Thai army government captures protest leader

GRANT PECK
Associated Press

BANGKOK (AP) — Thailand’s new military government moved against two of its top targets on Thursday, capturing a top organizer of protests against its recent takeover and launching a probe into the finances of the former elected prime minister.

Protest leader Sombat Boonngam-anong himself was the first to announce his own arrest, posting a message Thursday night on his Facebook account saying simply, “I’ve been arrested.”

Thai media later reported that Sombat, also known as Nuling, was captured in a house in Cholburi province, about two hours east of Bangkok.

Sombat had defied an order from the new military government to report to the authorities, and went into hiding, going online to organize anti-coup protests in Bangkok.

The website of the newspaper Khaosod reported that he was arrested by police officers of the Technology Crime Suppression Division working with the army, and that he had been traced on the internet by the National Intelligence Agency.

The new government has warned that it is closely monitoring online activities, and plans to expand its surveillance capabilities.

Several dozen people have defied the order to turn themselves in, and some are known to have fled to neighboring countries. The junta has declared that those who don’t surrender themselves may be subject to a two-year jail term.

Sombat was one of the first people to organize protests against Thailand’s previous coup, in 2006, and became known for imaginative and non-violent tactics.

Earlier Thursday, Thailand’s state anti-corruption agency said it would investigate the assets of former Prime Minister Yingluck Shinawatra and four members of her Cabinet involved in a controversial rice subsidy program.

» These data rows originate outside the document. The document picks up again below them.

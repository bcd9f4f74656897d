-- ===== src/Health/Net.antt =====
-- What the health checks ask of the network: the HTTP client, which answers the `n`th visit to a
-- node. The bodies are as the JSON decoder leaves them.
use vixy.Prelude.{ℕ, List, Option, Text, ◌≡◌, ◌&&◌, leb, ltb, Bool}

-- `negsuc n` is -(n + 1).
pub data ℤ : Type 0 where
  pos : ℕ → ℤ
  negsuc : ℕ → ℤ

-- health/el.rs, `JsonRpcRequest`
pub record JsonRpcRequest : Type 0 where
  pub jsonrpc : Text
  pub method : Text
  pub params : List (Unit {0})
  pub id : ℕ

-- health/el.rs, `JsonRpcError`
pub record JsonRpcError : Type 0 where
  pub code : ℤ
  pub message : Text

-- health/el.rs, `JsonRpcResponse`
pub record JsonRpcResponse : Type 0 where
  pub result : Option Text
  pub error : Option JsonRpcError

-- health/cl.rs, `BeaconHeaderResponse` and the three structs that it nests; `body` is its `data`
pub record BeaconHeaderMessage : Type 0 where
  pub slot : Text

pub record BeaconHeader : Type 0 where
  pub message : BeaconHeaderMessage

pub record BeaconHeaderData : Type 0 where
  pub header : BeaconHeader

pub record BeaconHeaderResponse : Type 0 where
  pub body : BeaconHeaderData

-- A reply: its status, and its body if that decodes.
pub record Reply (B : Type 0) : Type 0 where
  pub status : ℕ
  pub json : Option B

-- `none` where the request cannot be sent or is not answered.
pub record Net : Type 0 where
  pub post : ℕ → Text → JsonRpcRequest → Option (Reply JsonRpcResponse)
  pub fetch : ℕ → Text → Option (Reply BeaconHeaderResponse)
  pub is_success : ℕ → Bool

-- What the HTTP library documents of `StatusCode::is_success`.
abbrev pub IsSuccessLaw : Net → Type 0
IsSuccessLaw net = (code : ℕ) → net.is_success code ≡ (leb 200 code && ltb code 300)
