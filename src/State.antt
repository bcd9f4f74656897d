-- ===== src/State.antt =====
-- state.rs: what the program knows of its nodes. Locks and atomics hold the plain values here; who
-- may write them, and when, is the subject of Monitor.
use vixy.Prelude.{ℕ, ◌++◌, List, map, Bool, true, false, Text}
use vixy.Config
use vixy.Config.{Config}

pub record ElNodeState : Type 0 where
  pub name : Text
  pub http_url : Text
  pub ws_url : Text
  pub is_primary : Bool
  pub block_number : ℕ
  pub check_ok : Bool
  pub is_healthy : Bool
  pub lag : ℕ
  pub consecutive_failures : ℕ

unfoldable pub el_from_config : Config.ElNode → Bool → ElNodeState
el_from_config node is_primary = record {
  name = node.name;
  http_url = node.http_url;
  ws_url = node.ws_url;
  is_primary = is_primary;
  block_number = 0;
  check_ok = false;
  is_healthy = false;
  lag = 0;
  consecutive_failures = 0;
}

pub record ClNodeState : Type 0 where
  pub name : Text
  pub url : Text
  pub slot : ℕ
  pub health_ok : Bool
  pub is_healthy : Bool
  pub lag : ℕ
  pub consecutive_failures : ℕ

unfoldable pub cl_from_config : Config.Cl → ClNodeState
cl_from_config node = record {
  name = node.name;
  url = node.url;
  slot = 0;
  health_ok = false;
  is_healthy = false;
  lag = 0;
  consecutive_failures = 0;
}

pub record AppState : Type 0 where
  pub el_nodes : List ElNodeState
  pub cl_nodes : List ClNodeState
  pub el_chain_head : ℕ
  pub cl_chain_head : ℕ
  pub el_failover_active : Bool
  pub max_el_lag : ℕ
  pub max_cl_lag : ℕ
  pub proxy_timeout_ms : ℕ
  pub max_retries : ℕ
  pub health_check_max_failures : ℕ

-- `AppState::new`; the two loops that push the nodes are the two maps.
unfoldable pub new : Config → AppState
unfolding el_from_config cl_from_config
new config = record {
  el_nodes =
      map (λ n. el_from_config n true) config.el.primary
      ++ map (λ n. el_from_config n false) config.el.backup;
  cl_nodes = map cl_from_config config.cl;
  el_chain_head = 0;
  cl_chain_head = 0;
  el_failover_active = false;
  max_el_lag = config.global.max_el_lag_blocks;
  max_cl_lag = config.global.max_cl_lag_slots;
  proxy_timeout_ms = config.global.proxy_timeout_ms;
  max_retries = config.global.max_retries;
  health_check_max_failures = config.global.health_check_max_failures;
}
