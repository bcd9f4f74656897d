-- ===== src/Health/El.antt =====
-- health/el.rs: the check of an execution layer node, the chain head and the health of a node.
use vixy.Prelude.{
  ℕ, ◌+◌, ◌-◌, ◌%◌, ◌^◌, max, leb, true, false, ◌&&◌, List, [], ◌∷◌, Option, none, some, Text,
  bytes, is_empty, strip_prefix, Result, ok, err, ok_or, map_err, ◌>>=◌, if◌then◌else◌,
}
use vixy.State.{ElNodeState}
use vixy.Health.Number.{ParseIntError, from_str_radix}
use vixy.Health.Net.{JsonRpcRequest, JsonRpcError, Net}

pub data HexError : Type 0 where
  empty_string empty_after_prefix : HexError
  invalid_number : ParseIntError → HexError

pub data CheckError : Type 0 where
  not_sent bad_response missing_result : CheckError
  rpc : JsonRpcError → CheckError
  bad_number : HexError → CheckError

abbrev pub unwrap_or {ℓ} : {A : Type ℓ} → Option A → A → A
unwrap_or none d = d
unwrap_or (some a) d = a

unfoldable pub parse_hex_block_number : Text → Result HexError ℕ
parse_hex_block_number hex =
    if is_empty hex
    then err empty_string
    else (let hex_str = unwrap_or (strip_prefix (bytes "0x") hex) hex in
        if is_empty hex_str
        then err empty_after_prefix
        else map_err invalid_number (from_str_radix 16 hex_str))

abbrev pub block_number_request : JsonRpcRequest
block_number_request = record {
  jsonrpc = bytes "2.0";
  method = bytes "eth_blockNumber";
  params = [];
  id = 1;
}

-- `Err` if the response carries an error, whatever its result.
abbrev pub no_error : Option JsonRpcError → Result CheckError (Unit {0})
no_error none = ok tt
no_error (some e) = err (rpc e)

unfoldable pub check_el_node : Net → ℕ → Text → Result CheckError ℕ
check_el_node net visit url = do
  response ← ok_or (net.post visit url block_number_request) not_sent
  rpc_response ← ok_or response.json bad_response
  _ ← no_error rpc_response.error
  result ← ok_or rpc_response.result missing_result
  map_err bad_number (parse_hex_block_number result)

unfoldable pub update_el_chain_head : List ElNodeState → ℕ
update_el_chain_head [] = 0
update_el_chain_head (n ∷ nodes) = max n.block_number (update_el_chain_head nodes)

abbrev pub u32_mod : ℕ
u32_mod = 2 ^ 32

-- `lag` is the saturating difference, which `-` on ℕ is; the counter is a `u32` and wraps, as in a
-- release build.
unfoldable pub calculate_el_health : ElNodeState → ℕ → ℕ → ℕ → ElNodeState
calculate_el_health node chain_head max_lag max_failures =
    let lag : ℕ = chain_head - node.block_number in
    let failures : ℕ = (node.consecutive_failures + 1) % u32_mod in
    if node.check_ok && leb lag max_lag
    then record node { lag = lag; consecutive_failures = 0; is_healthy = true }
    else record node {
      lag = lag;
      consecutive_failures = failures;
      is_healthy = if leb max_failures failures then false else node.is_healthy;
    }
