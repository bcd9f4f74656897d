-- ===== src/Health/Cl.antt =====
-- health/cl.rs: the check of a consensus layer node, the chain head and the health of a node.
use vixy.Prelude.{
  ℕ, ◌+◌, ◌-◌, ◌%◌, max, leb, Bool, true, false, ◌&&◌, List, [], ◌∷◌, ◌++◌, none, some, Text, bytes,
  trim_end_matches, Result, ok, ok_or, map_err, ◌>>=◌, if◌then◌else◌,
}
use vixy.State.{ClNodeState}
use vixy.Health.Number.{ParseIntError, from_str_radix}
use vixy.Health.Net.{Net}
use vixy.Health.El.{u32_mod}

pub data SlotError : Type 0 where
  not_sent bad_header : SlotError
  bad_slot : ParseIntError → SlotError

abbrev pub health_url : Text → Text
health_url url = trim_end_matches b'/' url ++ bytes "/eth/v1/node/health"

abbrev pub headers_url : Text → Text
headers_url url = trim_end_matches b'/' url ++ bytes "/eth/v1/beacon/headers/head"

-- A failed connection is no error, but means unhealthy.
unfoldable pub check_cl_health : Net → ℕ → Text → Result SlotError Bool
check_cl_health net visit url = elim (net.fetch visit (health_url url)) [
  | none ↦ ok false
  | some response ↦ ok (net.is_success response.status)
]

unfoldable pub check_cl_slot : Net → ℕ → Text → Result SlotError ℕ
check_cl_slot net visit url = do
  response ← ok_or (net.fetch visit (headers_url url)) not_sent
  header ← ok_or response.json bad_header
  map_err bad_slot (from_str_radix 10 header.body.header.message.slot)

unfoldable pub check_cl_node : Net → ℕ → Text → Result SlotError (Bool × ℕ)
check_cl_node net visit url = do
  health_ok ← check_cl_health net visit url
  slot ← check_cl_slot net visit url
  ok (health_ok, slot)

unfoldable pub update_cl_chain_head : List ClNodeState → ℕ
update_cl_chain_head [] = 0
update_cl_chain_head (n ∷ nodes) = max n.slot (update_cl_chain_head nodes)

unfoldable pub calculate_cl_health : ClNodeState → ℕ → ℕ → ℕ → ClNodeState
calculate_cl_health node chain_head max_lag max_failures =
    let lag : ℕ = chain_head - node.slot in
    let failures : ℕ = (node.consecutive_failures + 1) % u32_mod in
    if node.health_ok && leb lag max_lag
    then record node { lag = lag; consecutive_failures = 0; is_healthy = true }
    else record node {
      lag = lag;
      consecutive_failures = failures;
      is_healthy = if leb max_failures failures then false else node.is_healthy;
    }
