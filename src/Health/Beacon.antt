-- ===== src/Health/Beacon.antt =====
-- What a check of a consensus layer node returns, in health/cl.rs.
use vixy.Prelude.{
  ℕ, ◌<◌, ◌≤◌, ◌≡◌, ◌↔◌, inl, inr, Bool, true, false, some, Text, ok, same_test, Result-cases, ◌∙◌,
  ap, ok_or->>=, map_err-ok, Option-cases, arith,
}
use vixy.Health.Number.{u64_mod}
use vixy.Health.Number.Laws.{Numeral, from_str_radix_iff}
use vixy.Health.Net.{Net, Reply, BeaconHeaderResponse, IsSuccessLaw}
use vixy.Health.Cl.{health_url, headers_url, check_cl_health, check_cl_slot, check_cl_node}

-- The health endpoint answers with a status from 200 to 299.
abbrev pub HealthEndpointOk : Net → ℕ → Text → Type 0
HealthEndpointOk net visit url =
    (reply : Reply BeaconHeaderResponse) × (net.fetch visit (health_url url) ≡ some reply)
    × (200 ≤ reply.status)
    × (reply.status < 300)

-- The headers endpoint answers with a header whose slot is a decimal number of value `slot`.
pub record HeadSlot (net : Net) (visit : ℕ) (url : Text) (slot : ℕ) : Type 0 where
  pub reply : Reply BeaconHeaderResponse
  pub header : BeaconHeaderResponse
  pub replied : net.fetch visit (headers_url url) ≡ some reply
  pub decoded : reply.json ≡ some header
  pub numeral : Numeral 10 header.body.header.message.slot slot
  pub fits : slot < u64_mod

module _ (net : Net) (visit : ℕ) (url : Text) where
  slot_sound : (slot : ℕ) → check_cl_slot net visit url ≡ ok slot → HeadSlot net visit url slot
  unfolding check_cl_slot
  slot_sound slot h =
      let (reply, replied, h₁) = ok_or->>= (net.fetch visit (headers_url url)) _ _ h in
      let (header, decoded, h₂) = ok_or->>= reply.json _ _ h₁ in
      let (numeral, fits) = (from_str_radix_iff 10 _ slot (omega arith)).0 (map_err-ok _ _ h₂) in
      record {
        reply = reply;
        header = header;
        replied = replied;
        decoded = decoded;
        numeral = numeral;
        fits = fits;
      }

  slot_complete : (slot : ℕ) → HeadSlot net visit url slot → check_cl_slot net visit url ≡ ok slot
  unfolding check_cl_slot
  slot_complete slot a = ground (
    arith,
    (from_str_radix_iff 10 a.header.body.header.message.slot slot (omega arith)).1
        (a.numeral, a.fits),
  )

  health_lem :
      IsSuccessLaw net
      → (h : Bool) × (check_cl_health net visit url ≡ ok h)
        × ((h ≡ true) ↔ HealthEndpointOk net visit url)
  unfolding check_cl_health
  health_lem law = elim (Option-cases (net.fetch visit (health_url url))) [
    | inl e ↦ (
      false,
      rw (e, check_cl_health),
      (λ x. absurd (ground arith), λ (r, f, _, _). absurd (ground arith)),
    )
    | inr (r, e) ↦ (
      net.is_success r.status,
      rw (e, check_cl_health),
      (
        λ x. (r, e, ground (arith, law r.status), ground (arith, law r.status)),
        λ (q, f, lo, hi). ground (arith, law r.status),
      ),
    )
  ]

  node_sound :
      (b : Bool)
      → check_cl_health net visit url ≡ ok b
      → (health_ok : Bool) (slot : ℕ) → check_cl_node net visit url ≡ ok (health_ok, slot)
      → (b ≡ health_ok) × HeadSlot net visit url slot
  unfolding check_cl_node
  node_sound b e health_ok slot h = elim (Result-cases (check_cl_slot net visit url)) [
    | inl (s, f) ↦
        let same : s ≡ slot = ground arith in (ground arith, slot_sound slot (f ∙ ap ok same))
    | inr (m, f) ↦ absurd (ground arith)
  ]

  pub check_cl_node-HeadSlot :
      (health_ok : Bool) (slot : ℕ)
      → check_cl_node net visit url ≡ ok (health_ok, slot)
      → HeadSlot net visit url slot
  unfolding check_cl_node
  check_cl_node-HeadSlot health_ok slot h = elim (Result-cases (check_cl_health net visit url)) [
    | inl (b, e) ↦ (node_sound b e health_ok slot h).1
    | inr (m, e) ↦ absurd (ground arith)
  ]

  -- A check of a CL node succeeds with `health_ok` and `slot` exactly when the headers endpoint
  -- gives that slot, below 2^64, whatever the health endpoint does; and `health_ok` holds exactly
  -- when the health endpoint answers with a status from 200 to 299.
  pub check_cl_node_iff :
      IsSuccessLaw net
      → (health_ok : Bool) (slot : ℕ)
      → (check_cl_node net visit url ≡ ok (health_ok, slot))
        ↔ (HeadSlot net visit url slot × ((health_ok ≡ true) ↔ HealthEndpointOk net visit url))
  unfolding check_cl_node
  check_cl_node_iff law health_ok slot =
      let (b, e, spec) = health_lem law in
      (
        λ h. let (same, head) = node_sound b e health_ok slot h in (head, rw same at spec),
        λ (head, spec').
            let same = same_test b health_ok spec spec' in
            ground (arith, e, same, slot_complete slot head),
      )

The move by the National Anti-Corruption Commission followed the May 22 coup that overthrew the elected government Yingluck had led. She was forced from office herself by a court ruling earlier in May that she had abused her authority in approving the transfer of a high-level civil servant.

Coup leaders in Thailand usually seek to publicize alleged corruption by the governments they overthrew as a way of discrediting them and justifying their own takeovers. Yingluck’s brother Thaksin Shinawatra faced similar treatment after a 2006 coup ousted him from the prime minister’s job. He is in self-imposed exile to escape a jail term for a conflict of interest conviction.

The National Anti-Corruption Commission had already indicted Yingluck over charges of dereliction of duty in overseeing the rice subsidy program, charging that she failed to heed advice that it was potentially wasteful and prone to corruption. The Senate could have held an impeachment trial that might have barred her from politics for five years, but the parliamentary body was dissolved by the army after the coup.

The commission is known for having made several significant rulings against Yingluck and her government, which her supporters suspect was part of a conspiracy to oust her from office.

They believe that independent agencies such as the commission, along with high level courts, are aligned with Thailand’s conservative traditional ruling class — guided by royalists and the military — who were alarmed at the political power of the Shinawatra family and its political machine. Thaksin and his allies have won every general election since 2001.

The independent agencies and courts were seeded with anti-Thaksin personnel after the 2006 coup.

In its earlier ruling, the commission said it was unclear whether Yingluck was involved in corruption or had allowed it to take place. Very few, if any, prosecutions in court have been launched in connection with the rice program.

Yingluck, along with most of her government, was briefly detained by the army after the coup.

The brief announcement said three former commerce ministers and a former deputy commerce ministers would also be investigated, without elaborating why it was forming a new subcommittee to probe them.

The subsidy program bought rice from farmers at above-market prices in an effort to boost rural incomes.

As the world’s top rice exporter, Thailand hoped to control the market and push up prices. But India and Vietnam increased exports, which prompted stockpiling by Thailand as it tried to contain losses from its subsidy policy. The program incurred huge financial losses for the government, though there is no reliable estimate of the total.

The program was denounced by Yingluck’s critics as being designed to win votes. But it became a major political weapon against her when protesters began rallying against Yingluck last November and successfully pressured banks not to lend to the government, delaying the payments to farmers.

Shortly after the coup, the new military government announced that it would make the long-delayed payments.

Associated Press writer Thanyarat Doksone contributed to this report.